Pacific Islanders have been hardest hit by COVID-19 in the islands. They are catching the virus in disproportion to their small numbers in the population. One reason is that -- as with young people -- public information on how to avoid the virus has been failing to reach them in ways they can act on it.
The numbers have been clear for months: Hawaii has the highest number of Pacific Islanders per capita in the country. However, the state’s communication with that underserved community has been ineffective in curbing the virus.
One key reason is a lack of services, explained Dr. David Derauf, executive director at Kokua Kalihi Valley Comprehensive Family Services, a health center that has served the community for 50 years.
He said a solid relationship with the Pacific Islander community is the key to good public messaging.
“It starts with a clear message and something that's actionable,” Derauf said.
Some messages disseminated by the state Department of Health were not relevant to many people in the Pacific Islander community. He cited advice from state health officials to those testing COVID-positive: isolate at home, in one’s own space with a private bathroom, if possible.
“I think we all know what a luxury that is to have a private bedroom and bathroom, particularly for many of the communities we're talking about here,” Derauf said.
“So when someone is told that advice, what would their natural response be? 'You clearly don't know anything about my life. Why should I listen?'”
Derauf said although he works with church ministers and leaders in the Pacific Islander community to have more people tested, it’s difficult to advocate for that when there are no supports in place after people test positive.
“When they find out they test positive, they don't get so much as a phone call from someone. They're not offered anything. . . All it means for them, in terms of their daily life is a loss of income because they can't go to work,” he said.
“They run the risk of losing their housing, of being able to put food on the table for their families. . . it's been painful for me to have to hear that.”
Derauf emphasized the need for the state to first talk to Pacific Islander community leaders, figure out what services are most needed and then quickly create those services and publicize them well.
That did not happen even though clusters in the community broke out as early as May, some in public housing projects where residents live in tight quarters.
He said the state has improved its outreach by implementing a hotel room program that can house a person who is unable to isolate in their home.
However, some of Derauf’s patients have told him that they did not accept the offer because they thought they would have to pay for the room.
Derauf also warned against stigmatizing the Pacific Islander community when the state creates communication campaigns and releases information. He also says the communication should be presented in the different languages of the Pacific Islands, including Marshallese and Chuukese.
The state posted YouTube videos in those two languages in mid-May but their viewership was limited -- 1,000 views for one and 150 for the other.
Tim Brown, infectious disease expert at the East-West Center, suggests the state first take a traditional marketing approach to the problem. That means identifying key populations, drafting messages directed at them, and then working with members of those communities to design and test the actual messages to be sent out.
Brown said if the state is able to set up the needed services and structures, they should be supported even after the pandemic.
“If we actually do stand up some response that goes beyond the health sector, that engages the various social sectors, that engages the communities, that engages the other organizations that need to be part of this. They can work with employers, for example, to guarantee that people don't lose their job because they have to go into isolation,” he said.
“This will not be the last outbreak of infectious disease. If we had systems like that set up, we would have detected the spread of COVID within these communities much, much earlier.”

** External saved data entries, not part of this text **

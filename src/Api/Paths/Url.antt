-- ===== src/Api/Paths/Url.antt =====
-- The path of a parsed URL, `new URL(p, "http://x").pathname`, for a `p` that begins with "/" and
-- holds no control character, "\", "?", "#" or "%", and does not end in white space: what
-- `canonicalPath` (proxy.ts) hands it. The WHATWG rules: dot segments are resolved, then each
-- character of the path's percent-encode set is replaced by the escapes of its UTF-8 bytes.
use mathlib.Core.List.{reverse, tail, flat_map}
use opencode_rc.Common.{
  ℕ, Bool, ◌||◌, List, [], ◌∷◌, ◌++◌, Text, text_eq, if◌then◌else◌, ◌==◌, ◌+◌, ◌/◌, ◌%◌, leb, ltb,
  split,
}

abbrev pub single_dot : Text
single_dot = b'.' ∷ []

abbrev pub double_dot : Text
double_dot = b'.' ∷ b'.' ∷ []

-- One segment; the stack has its top at the head. The last segment of a path that ends in a dot
-- segment is empty.
unfoldable pub resolve : List Text → List Text → List Text
unfolding text_eq
resolve stack [] = reverse stack
resolve stack (seg ∷ []) =
    if text_eq seg double_dot
    then reverse ([] ∷ tail stack)
    else if text_eq seg single_dot
    then reverse ([] ∷ stack)
    else reverse (seg ∷ stack)
resolve stack (seg ∷ next ∷ segs) =
    resolve
      (if text_eq seg double_dot
        then tail stack
        else if text_eq seg single_dot
        then stack
        else seg ∷ stack)
      (next ∷ segs)

-- The path percent-encode set.
unfoldable pub is_encoded : ℕ → Bool
is_encoded c =
    leb c 32
    || ltb 126 c
    || c == b'"'
    || c == b'#'
    || c == b'<'
    || c == b'>'
    || c == b'?'
    || c == b'^'
    || c == b'`'
    || c == b'{'
    || c == b'}'

unfoldable pub hex_digit : ℕ → ℕ
hex_digit n = if ltb n 10 then 48 + n else 55 + n

unfoldable pub escape : ℕ → Text
unfolding hex_digit
escape b = b'%' ∷ hex_digit (b / 16) ∷ hex_digit (b % 16) ∷ []

unfoldable pub utf8 : ℕ → List ℕ
utf8 c =
    if ltb c 0x80
    then c ∷ []
    else if ltb c 0x800
    then (0xc0 + c / 64) ∷ (0x80 + c % 64) ∷ []
    else if ltb c 0x10000
    then (0xe0 + c / 4096) ∷ (0x80 + c / 64 % 64) ∷ (0x80 + c % 64) ∷ []
    else (0xf0 + c / 262144) ∷ (0x80 + c / 4096 % 64) ∷ (0x80 + c / 64 % 64) ∷ (0x80 + c % 64) ∷ []

unfoldable pub percent_encode : Text → Text
unfolding is_encoded utf8 escape flat_map
percent_encode [] = []
percent_encode (c ∷ s) =
    (if is_encoded c then flat_map escape (utf8 c) else c ∷ []) ++ percent_encode s

-- Each segment behind a slash.
unfoldable pub print_segments : List Text → Text
unfolding percent_encode
print_segments [] = []
print_segments (seg ∷ segs) = b'/' ∷ percent_encode seg ++ print_segments segs

unfoldable pub url_pathname : Text → Text
unfolding split resolve print_segments
url_pathname [] = []
url_pathname (slash ∷ s) = print_segments (resolve [] (split b'/' s))
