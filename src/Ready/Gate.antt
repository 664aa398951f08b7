-- ===== src/Ready/Gate.antt =====
-- `evaluateGate` of lib/ready-evaluator.js: five tests of an upstream output's printed content.
use dsh_dag_orchestrator.Prelude.{Bool, true, false, not, Option, String, ◌==◌, get_or, is_some}
use text.Mathlib.Text.{find?}
use dsh_dag_orchestrator.Json.{Value, null, stringify}

pub data Expect : Type 0 where
  exists not_exists contains not_contains equals : Expect
  unknown_operator : String → Expect

pub record DependencyGate : Type 0 where
  pub artifact : String
  pub expect : Expect
  pub value : Option String

abbrev pub is_null : Value → Bool
is_null null = true
is_null _ = false

-- `s.includes(t)`
abbrev pub includes : String → String → Bool
includes s t = is_some (find? s t)

gate_passes : Expect → Value → String → Bool
unfolding stringify
gate_passes exists payload value = not (is_null payload)
gate_passes not_exists payload value = is_null payload
gate_passes contains null value = false
gate_passes contains payload value = includes (stringify payload) value
gate_passes not_contains null value = true
gate_passes not_contains payload value = not (includes (stringify payload) value)
gate_passes equals null value = false
gate_passes equals payload value = stringify payload == value
gate_passes (unknown_operator _) payload value = false

-- `read_payload` returns `null` for a row that is missing.
unfoldable pub evaluate_gate : DependencyGate → (String → Value) → Bool
unfolding gate_passes
evaluate_gate gate read_payload =
    gate_passes gate.expect (read_payload gate.artifact) (get_or gate.value "")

One region of the country that has drawn praise for its supports and relationships within the Pacific Islander community is Portland, Oregon, which is part of Multnomah County.
Virginia Luka is the program specialist senior for the Pacific Islander community within the Multnomah County Health Department.

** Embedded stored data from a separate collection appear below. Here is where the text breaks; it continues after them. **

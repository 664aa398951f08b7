-- ===== src/Ready.antt =====
-- lib/ready-evaluator.js: which tasks of a run may start now, and why the others may not. The
-- evaluation is a pure function of a snapshot, the spec and the seams that the caller wires.
pub mod Gate
pub mod Edges
pub mod Sound
pub mod Listed
pub mod Blocked
mod Witnesses
pub use Gate.*
use dsh_dag_orchestrator.Prelude.{
  ℕ, Bool, true, false, not, ◌&&◌, ◌||◌, List, [], ◌∷◌, ◌++◌, Option, none, some, String, ◌==◌, leb,
  if◌then◌else◌, find, filter,
}
use dsh_dag_orchestrator.States.{
  TaskState, pending, ready, queued, running, succeeded, failed, retry_wait, blocked, cancelled,
  other,
}

pub data Condition : Type 0 where
  on_succeeded on_completed : Condition

pub record DependencyEdge : Type 0 where
  pub task_id : String
  pub condition : Condition
  pub gate : Option DependencyGate

-- What the evaluator reads of a spec's task. Absent lists are empty ones.
pub record SpecTask : Type 0 where
  pub id : String
  pub depends_on : List DependencyEdge
  pub inputs : List String

pub record TaskView : Type 0 where
  pub task_id : String
  pub state : TaskState
  pub retry_not_before_ms : Option ℕ
  pub blocked_reason_code : Option String

pub record Options : Type 0 where
  pub now : ℕ
  pub output_resolver : Option (String → Bool)
  pub gate_evaluator : Option (DependencyGate → Bool)

-- READY_BLOCKED_CODES
pub data BlockedCode : Type 0 where
  upstream_blocked upstream_failed upstream_cancelled upstream_not_succeeded : BlockedCode
  output_missing dependency_gate_not_met dependency_gate_evaluator_unavailable : BlockedCode

-- The code, with the part of its details that a later decision could read.
pub data BlockedReason : Type 0 where
  on_upstream : BlockedCode → String → BlockedReason
  on_inputs : BlockedCode → List String → BlockedReason

unfoldable pub reason_code : BlockedReason → BlockedCode
reason_code (on_upstream c u) = c
reason_code (on_inputs c refs) = c

pub data DepVerdict : Type 0 where
  satisfied waiting : DepVerdict
  blocks : BlockedCode → DepVerdict

abbrev pub in_progress : TaskState → Bool
in_progress pending = true
in_progress ready = true
in_progress queued = true
in_progress running = true
in_progress retry_wait = true
in_progress _ = false

abbrev pub completed_set : TaskState → Bool
completed_set succeeded = true
completed_set failed = true
completed_set cancelled = true
completed_set _ = false

abbrev pub is_succeeded : TaskState → Bool
is_succeeded succeeded = true
is_succeeded _ = false

abbrev pub is_blocked : TaskState → Bool
is_blocked blocked = true
is_blocked _ = false

abbrev pub is_failed : TaskState → Bool
is_failed failed = true
is_failed _ = false

abbrev pub is_cancelled : TaskState → Bool
is_cancelled cancelled = true
is_cancelled _ = false

unfoldable pub upstream_satisfies : TaskState → Condition → DepVerdict
upstream_satisfies s on_succeeded =
    if is_succeeded s
    then satisfied
    else if in_progress s
    then waiting
    else if is_blocked s
    then blocks upstream_blocked
    else if is_failed s
    then blocks upstream_failed
    else if is_cancelled s
    then blocks upstream_cancelled
    else blocks upstream_not_succeeded
upstream_satisfies s on_completed =
    if completed_set s
    then satisfied
    else if in_progress s
    then waiting
    else if is_blocked s
    then blocks upstream_blocked
    else blocks upstream_not_succeeded

abbrev pub code_is : Option String → String → Bool
code_is none c = false
code_is (some d) c = d == c

source_in : TaskState → TaskView → ℕ → Bool
source_in pending v now = true
source_in blocked v now =
    not (code_is v.blocked_reason_code "approval_pending")
    && not (code_is v.blocked_reason_code "merge_conflicted")
source_in retry_wait v now = elim v.retry_not_before_ms [ none ↦ false | some t ↦ leb t now ]
source_in _ v now = false

unfoldable pub is_ready_source : TaskView → ℕ → Bool
unfolding source_in
is_ready_source v now = source_in v.state v now

-- `viewById.get(id)`: a later row of the same id replaces an earlier one.
unfoldable pub view_of : List TaskView → String → Option TaskView
view_of [] id = none
view_of (v ∷ vs) id = elim (view_of vs id) [
  | some w ↦ some w
  | none ↦ if v.task_id == id then some v else none
]

-- `stateById.get(id)`
abbrev pub state_of : Option TaskView → Option TaskState
state_of none = none
state_of (some v) = some v.state

-- Where the loop over the edges ends: blocked at an edge, or past the last one, with or without an
-- edge that still waits.
pub data Control : Type 0 where
  control_blocked : BlockedReason → Control
  control_done : Bool → Control

-- What one round of the loop over the tasks adds.
pub data Outcome : Type 0 where
  skipped is_ready : Outcome
  is_blocked_by : BlockedReason → Outcome

pub record ReadyEvaluation : Type 0 where
  pub ready_task_ids : List String
  pub blocked_tasks : List (String × BlockedReason)

abbrev pub add_outcome : String → Outcome → ReadyEvaluation → ReadyEvaluation
add_outcome id skipped r = r
add_outcome id is_ready r = record r { ready_task_ids = id ∷ r.ready_task_ids }
add_outcome id (is_blocked_by reason) r = record r {
  blocked_tasks = (id, reason) ∷ r.blocked_tasks;
}

module _ (opts : Options) where
  -- A satisfied edge's gate: `none` lets the edge pass.
  unfoldable pub gate_block : Option DependencyGate → Option BlockedCode
  gate_block none = none
  gate_block (some g) = elim opts.gate_evaluator [
    | none ↦ some dependency_gate_evaluator_unavailable
    | some evaluate ↦ if evaluate g then none else some dependency_gate_not_met
  ]

  -- One edge, `none` for an upstream task that the snapshot does not have.
  unfoldable pub edge_verdict : Option TaskState → DependencyEdge → DepVerdict
  unfolding gate_block upstream_satisfies
  edge_verdict none dep = blocks upstream_not_succeeded
  edge_verdict (some s) dep = elim (upstream_satisfies s dep.condition) [
    | satisfied ↦ elim (gate_block dep.gate) [ none ↦ satisfied | some c ↦ blocks c ]
    | waiting ↦ waiting
    | blocks c ↦ blocks c
  ]

  -- The loop over `dependsOn`; the flag is `controlWaiting`.
  unfoldable pub control_of : List TaskView → List DependencyEdge → Bool → Control
  control_of views [] w = control_done w
  control_of views (dep ∷ deps) w = elim (edge_verdict (state_of (view_of views dep.task_id)) dep) [
    | blocks c ↦ control_blocked (on_upstream c dep.task_id)
    | waiting ↦ control_of views deps true
    | satisfied ↦ control_of views deps w
  ]

  -- The data gate: the reason to block, if any.
  unfoldable pub inputs_block : List String → Option BlockedReason
  inputs_block [] = none
  inputs_block (r ∷ rs) = elim opts.output_resolver [
    | none ↦ some (on_inputs output_missing (r ∷ rs))
    | some present ↦ elim (filter (λ ref. not (present ref)) (r ∷ rs)) [
      | [] ↦ none
      | m ∷ ms ↦ some (on_inputs output_missing (m ∷ ms))
    ]
  ]

  -- One task of the spec: not an evaluation source, or waiting, is in neither list.
  unfoldable pub outcome_of : List TaskView → SpecTask → Outcome
  unfolding is_ready_source control_of inputs_block
  outcome_of views task = elim (view_of views task.id) [
    | none ↦ skipped
    | some v ↦
        if not (is_ready_source v opts.now)
        then skipped
        else elim (control_of views task.depends_on false) [
          | control_blocked reason ↦ is_blocked_by reason
          | control_done w ↦ if w then skipped else elim (inputs_block task.inputs) [
            | some reason ↦ is_blocked_by reason
            | none ↦ is_ready
          ]
        ]
  ]

  -- The loop over the spec's tasks, in their order.
  unfoldable pub evaluate_ready : List TaskView → List SpecTask → ReadyEvaluation
  unfolding outcome_of
  evaluate_ready views [] = record { ready_task_ids = []; blocked_tasks = [] }
  evaluate_ready views (task ∷ tasks) =
      add_outcome task.id (outcome_of views task) (evaluate_ready views tasks)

The program oversees a Pacific Islander Coalition that quickly jumped into action to support the community through the pandemic.
“We provided them with a test, but we also provided them with resources. So we gave them PPE. We gave them N-95 masks. We gave them printed flyers that were in different languages that told people about what is COVID, how can you protect your family,” she said.

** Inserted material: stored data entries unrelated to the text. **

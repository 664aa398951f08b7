-- ===== src/Store/Rows.antt =====
-- The DDL of lib/dag-store.js: one record for a row of each table, with the columns in their order. A
-- nullable column is an `Option`.
use dsh_dag_orchestrator.Prelude.{ℕ, Bool, List, Option, String, String-discrete}
use dsh_dag_orchestrator.States.{TaskState}

pub data RunState : Type 0 where
  running pausing paused cancelling succeeded failed cancelled : RunState
  other : String → RunState

pub data AttemptState : Type 0 where
  claimed running succeeded failed cancelled orphaned : AttemptState

pub data ApprovalState : Type 0 where
  pending approved rejected : ApprovalState

unfoldable pub RunState-discrete : Discrete RunState
unfolding String-discrete
RunState-discrete = hlevel String-discrete

-- `blocked_reason`: the JSON text of an object with a code, and what the code is about (an upstream
-- task, an approval), or a text that is no such object.
pub data ReasonText : Type 0 where
  coded : (code about : String) → ReasonText
  raw : String → ReasonText

pub record RunRow : Type 0 where
  pub run_id : String
  pub name : Option String
  pub spec_json : String
  pub spec_hash : String
  pub state : RunState
  pub control_intent : Option String
  pub parent_session : Option String
  pub planner_session : Option String
  pub base_cwd : String
  pub created_at : ℕ
  pub updated_at : ℕ
  pub version : ℕ

pub record TaskRow : Type 0 where
  pub run_id : String
  pub task_id : String
  pub state : TaskState
  pub version : ℕ
  pub blocked_reason : Option ReasonText
  pub retry_not_before : Option ℕ
  pub updated_at : ℕ

pub record AttemptRow : Type 0 where
  pub attempt_id : String
  pub run_id : String
  pub task_id : String
  pub ordinal : ℕ
  pub state : AttemptState
  pub backend : String
  pub child_session : Option String
  pub owner_token : Option String
  pub started_at : ℕ
  pub updated_at : ℕ
  pub stop_reason : Option String
  pub failure_json : Option String
  pub result_json : Option String

pub record EventRow : Type 0 where
  pub event_id : String
  pub run_id : String
  pub seq : ℕ
  pub type : String
  pub at : ℕ
  pub task_id : Option String
  pub attempt_id : Option String
  pub payload_json : String
  pub prev_hash : String
  pub hash : String

pub record ApprovalRow : Type 0 where
  pub approval_id : String
  pub run_id : String
  pub task_id : String
  pub action : String
  pub state : ApprovalState
  pub note : Option String
  pub created_at : ℕ
  pub decided_at : Option ℕ

pub record OutputRow : Type 0 where
  pub run_id : String
  pub task_id : String
  pub name : String
  pub value_json : String
  pub produced_by_attempt : String
  pub created_at : ℕ

pub record Store : Type 0 where
  pub runs : List RunRow
  pub tasks : List TaskRow
  pub attempts : List AttemptRow
  pub events : List EventRow
  pub approvals : List ApprovalRow
  pub outputs : List OutputRow
  pub active_tx : Bool
  pub closed : Bool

“In a couple of the test sites, we even gave gift cards out to just let them know, 'Hey, we don't know, you know, what you're going through in your life, but here's a gift card that you can go shopping with or pay a bill.'”
Hawaii lacks a position like Luka’s in its health department. If it were to create one, it would take time: Luka said it took her about a year to fully organize the coalition.
But to start, the state could identify those in the community who have already built trusted relationships with the Pacific Islander community and Pacific Islanders themselves who can help the effort.
Luka said the state could also consider paying those community members so they don’t have to do the organizing work on top of their full-time jobs.
She said the coalition and her job have been critical in getting services to the Pacific Islander community, not just in Multnomah County but throughout Oregon.
“If we didn't have those things, I think, oh gosh, it would be heartbreaking,” she said. “I think more of us would be sick and dying, honestly, without the access to resources and the support systems.”
Pacific Islanders make up just 4% of Hawaii’s population. However, they account for 31 percent of those infected -- more than any other racial group.
Conpare that to Multnomah County, where Native Hawaiians and Pacific Islanders make up just 2% of the county’s COVID-19 cases. It’s the second lowest for a racial group in the area.